Where a line contains the word "socat", copy that line from the records below.

━━━ Input for this task

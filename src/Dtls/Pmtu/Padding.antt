-- ===== src/Dtls/Pmtu/Padding.antt =====
-- The padding of a probe and the packet that encodeRecord makes of it.
use socat.Prelude.{
  Bool-cases, none, some, Option, length-replicate, replicate, false, not, ◌||◌, ltb, inr, ◌∙◌,
  Option, inl, ◌⊎◌, length-drop, ◌-◌, length-take, ◌++◌, refl, slice, [], take, length-append, suc,
  ◌≤◌, arith, ap, ◌+◌, drop, ◌∷◌, ◌≡◌, length, Bytes, ℕ,
}
use socat.Dtls.Pmtu.{rrc_probe_padding, rrc_probe_overhead, datagram_overhead, rrc_message_len}
use socat.Dtls.Protection.{
  little_endian, chacha, block, SequenceKey, nonce, TrafficKeys, encode_record, mask, seal,
  unified_header, xor_at, xor_bytes,
}
use socat.Dtls.Record.{
  valid_content_type, content_rrc, max_cid_len, mask_len, RecordNumber, max_content, max_ciphertext,
}
use socat.Dtls.Error.{◌>>=◌, ok, err, Result, authentication}

length-xor_bytes : (bs ms : Bytes) → length (xor_bytes bs ms) ≡ length bs
unfolding xor_bytes
length-xor_bytes [] ms = refl
length-xor_bytes (b ∷ bs) [] = refl
length-xor_bytes (b ∷ bs) (m ∷ ms) = ap suc (length-xor_bytes bs ms)

length-xor_at :
    (offset n : ℕ) (packet m : Bytes) → length (xor_at offset n packet m) ≡ length packet
unfolding xor_at
length-xor_at offset n packet m =
    let d = drop offset packet in
    omega (
      arith,
      length-append (take offset packet)
          (xor_bytes (slice packet offset (offset + n)) m ++ drop (offset + n) packet),
      length-append (xor_bytes (slice packet offset (offset + n)) m) (drop (offset + n) packet),
      length-xor_bytes (slice packet offset (offset + n)) m,
      length-take offset packet,
      length-take (offset + n - offset) d,
      length-drop offset packet,
      length-drop (offset + n) packet,
    )

length-unified_header :
    (number : RecordNumber) (cid : Bytes) (n : ℕ)
    → length (unified_header number cid n) ≡ 1 + length cid + 4
unfolding unified_header
length-unified_header number cid n = omega (arith, length-append cid _)

rrc_probe_padding-inv :
    (size cid_len aead_tag pad : ℕ)
    → rrc_probe_padding size cid_len aead_tag ≡ ok pad
    → (1 + cid_len + 4 + (rrc_message_len + 1 + pad + aead_tag) ≡ size)
      × (rrc_message_len + pad ≤ max_content)
      × (rrc_message_len + 1 + pad + aead_tag ≤ max_ciphertext)
unfolding rrc_probe_padding rrc_probe_overhead datagram_overhead
rrc_probe_padding-inv size cid_len aead_tag pad h = ground arith

-- A packet of the size, or an error of the header protection.
abbrev pub Sized : ℕ → Result Bytes → Type 0
Sized size (ok packet) = length packet ≡ size
Sized size (err e) = e ≡ authentication

length-seal :
    (k : TrafficKeys) (header : Bytes) (sequence : ℕ) (text : Bytes)
    → ((n text header : Bytes)
        → length (k.aead.seal_text n text header) ≡ length text + k.aead.overhead)
    → length (seal k header sequence text) ≡ length text + k.aead.overhead
unfolding seal
length-seal k header sequence text sealing = sealing (nonce k sequence) text header

mask_answer :
    (k : TrafficKeys) (c : Bytes)
    → ((m : Bytes) × (mask k c ≡ ok m)) ⊎ (mask k c ≡ err authentication)
unfolding mask
mask_answer k c = elim (Bool-cases (ltb (length c) mask_len)) [
  | inl e ↦ inr (rw e refl)
  | inr e ↦ rw e (go k.sn)
]
  where
    sample : Bytes
    sample = take mask_len c

    answer : Option Bytes → Result Bytes
    answer r = elim r [ none ↦ err authentication | some s ↦ ok (take mask_len s) ]

    stream_answer :
        (r : Option Bytes) → ((m : Bytes) × (answer r ≡ ok m)) ⊎ (answer r ≡ err authentication)
    stream_answer none = inr refl
    stream_answer (some s) = inl (take mask_len s, refl)

    chosen : SequenceKey → Result Bytes
    chosen (block encrypt) = ok (encrypt sample)
    chosen (chacha key_stream) = elim (key_stream (drop 4 sample) (little_endian (take 4 sample))) [
      | none ↦ err authentication
      | some s ↦ ok (take mask_len s)
    ]

    go : (s : SequenceKey) → ((m : Bytes) × (chosen s ≡ ok m)) ⊎ (chosen s ≡ err authentication)
    go (block encrypt) = inl (encrypt sample, refl)
    go (chacha key_stream) =
        stream_answer (key_stream (drop 4 sample) (little_endian (take 4 sample)))

masked_size :
    (offset n size : ℕ) (packet : Bytes) (r : Result Bytes)
    → length packet ≡ size
    → ((m : Bytes) × (r ≡ ok m)) ⊎ (r ≡ err authentication)
    → Sized size (r >>= λ m. ok (xor_at offset n packet m))
masked_size offset n size packet r h (inl (m, e)) = rw e (length-xor_at offset n packet m ∙ h)
masked_size offset n size packet r h (inr e) = rw e refl

-- Let the AEAD add its overhead to what it seals. Under keys of an epoch of at least 2 and with a
-- connection id of at most 255 bytes, a message of the path protocol with the padding that
-- rrcProbePadding returns for a size is encoded to a packet of exactly that size, if the mask of the
-- header does not fail.
pub encode_record-rrc_probe_padding :
    (k : TrafficKeys) (number : RecordNumber) (cid message : Bytes) (size : ℕ) {pad : ℕ}
    → ((n text header : Bytes)
        → length (k.aead.seal_text n text header) ≡ length text + k.aead.overhead)
    → 2 ≤ number.epoch
    → length cid ≤ max_cid_len
    → length message ≡ rrc_message_len
    → rrc_probe_padding size (length cid) k.aead.overhead ≡ ok pad
    → Sized size (encode_record k number cid content_rrc message pad)
unfolding encode_record
encode_record-rrc_probe_padding k number cid message size {pad} sealing epoch short nine h =
    let (whole, plain, cipher) = rrc_probe_padding-inv size (length cid) k.aead.overhead pad h in
    let valid : (ltb number.epoch 2
          || (ltb max_cid_len (length cid) || not (valid_content_type content_rrc)))
        ≡ false =
      unfold valid_content_type in ground arith in
    let fits : (ltb max_content (length message) || ltb (max_content - length message) pad)
        ≡ false =
      ground arith in
    let sealed_fits : ltb max_ciphertext (length message + 1 + pad + k.aead.overhead) ≡ false =
      ground arith in
    let header = unified_header number cid (length message + 1 + pad + k.aead.overhead) in
    let text = message ++ (content_rrc ∷ replicate pad 0) in
    let sealed = seal k header number.sequence text in
    let packet_size : length (header ++ sealed) ≡ size = omega (
      arith,
      length-append header sealed,
      length-unified_header number cid (length message + 1 + pad + k.aead.overhead),
      length-seal k header number.sequence text sealing,
      length-append message (content_rrc ∷ replicate pad 0),
      length-replicate {A = ℕ} pad 0,
    ) in
    rw valid (
      rw fits (
        rw sealed_fits (
          masked_size (1 + length cid) 2 size (header ++ sealed) (mask k sealed) packet_size
            (mask_answer k sealed))))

━━━━━━

(Response area)
use socat.Prelude.{
use socat.Dtls.Pmtu.{rrc_probe_padding, rrc_probe_overhead, datagram_overhead, rrc_message_len}
use socat.Dtls.Protection.{
use socat.Dtls.Record.{
use socat.Dtls.Error.{◌>>=◌, ok, err, Result, authentication}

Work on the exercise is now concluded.